» **Task statement**
Of the entries that follow, how many lines hold the word "where"? Reply with the number only.

════════

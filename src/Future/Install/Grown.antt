-- ===== src/Future/Install/Grown.antt =====
-- include/future/future.hpp: a chain of states that a continuation is added to.
use rpcxx.Prelude.{
  ℕ, ◌≤◌, false, Option, none, some, List, [], ◌∷◌, ◌++◌, get_elem?_below, get_elem?-append,
  get_elem?-append_end, length, arith,
}
use rpcxx.Json.Access.{Result}
use rpcxx.Future.Cell.{Cell, Notify, fresh}
use rpcxx.Future.Chain.{World, put}
use rpcxx.Future.Install.{new_data}
use rpcxx.Future.Install.Linked.{
  cell_of, Has, Has-put, Has-put_ne, Stage, notify_of, Linked, at_end, linked,
}

Has-fresh {ℓ} : {A : Type ℓ} (w : World A) → Has (length w.cells) none none none (new_data fresh w)
unfolding new_data
Has-fresh w = record { taken = false; owners = 0; found = get_elem?-append_end w.cells [] fresh }

module _ {ℓ} {A : Type ℓ} {o : Option (Result A)} where
  pub Has-new :
      {n : Option Notify} {ch : Option ℕ} (d : ℕ) (c : Cell A) (w : World A)
      → Has d o n ch w
      → Has d o n ch (new_data c w)
  unfolding new_data
  Has-new d c w h = record {
    taken = h.taken;
    owners = h.owners;
    found = get_elem?-append w.cells (c ∷ []) d _ h.found;
  }

  -- A state without a continuation gets one, with a next state.
  pub Linked-one :
      (last : ℕ) (w : World A) (s : Stage) (h : Has last o none none w)
      → Linked
          (length w.cells)
          (put last
            (cell_of o (some (notify_of s)) (some (length w.cells)) h.taken h.owners)
            (new_data fresh w))
          o
          (s ∷ [])
          last
  Linked-one last w s h =
      let below = get_elem?_below w.cells last _ h.found in
      linked below
        (Has-put last h.taken h.owners (new_data fresh w) _ (Has-new last fresh w h).found)
        (at_end
          (Has-put_ne (length w.cells) last _ (new_data fresh w) (λ z. omega arith) (Has-fresh w)))

module _ {ℓ} {A : Type ℓ} where
  pub Linked-bound :
      {last : ℕ} (w : World A) {o : Option (Result A)} {ss : List Stage} {d : ℕ}
      → Linked last w o ss d
      → d ≤ last
  Linked-bound w (at_end h) = omega arith
  Linked-bound w (linked b h l) = omega (arith, Linked-bound w l)

  pub Linked-last :
      {last : ℕ} (w : World A) {ss : List Stage} {d : ℕ}
      → Linked last w none ss d
      → Has last none none none w
  Linked-last w (at_end h) = h
  Linked-last w (linked b h l) = Linked-last w l

  -- The same at the end of a chain that waits.
  pub Linked-then :
      {last : ℕ} (w : World A) (s : Stage) (h : Has last none none none w) {ss : List Stage} {d : ℕ}
      → Linked last w none ss d
      → Linked
          (length w.cells)
          (put last
            (cell_of none (some (notify_of s)) (some (length w.cells)) h.taken h.owners)
            (new_data fresh w))
          none
          (ss ++ s ∷ [])
          d
  Linked-then {last = last} w s h (at_end f) = Linked-one last w s h
  Linked-then {last = last} w s h {d = d} (linked b f l) =
      linked b
        (Has-put_ne d last _ (new_data fresh w) (λ z. omega (arith, Linked-bound w l))
          (Has-new d fresh w f))
        (Linked-then w s h l)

════════

» **Response to the exercise**
2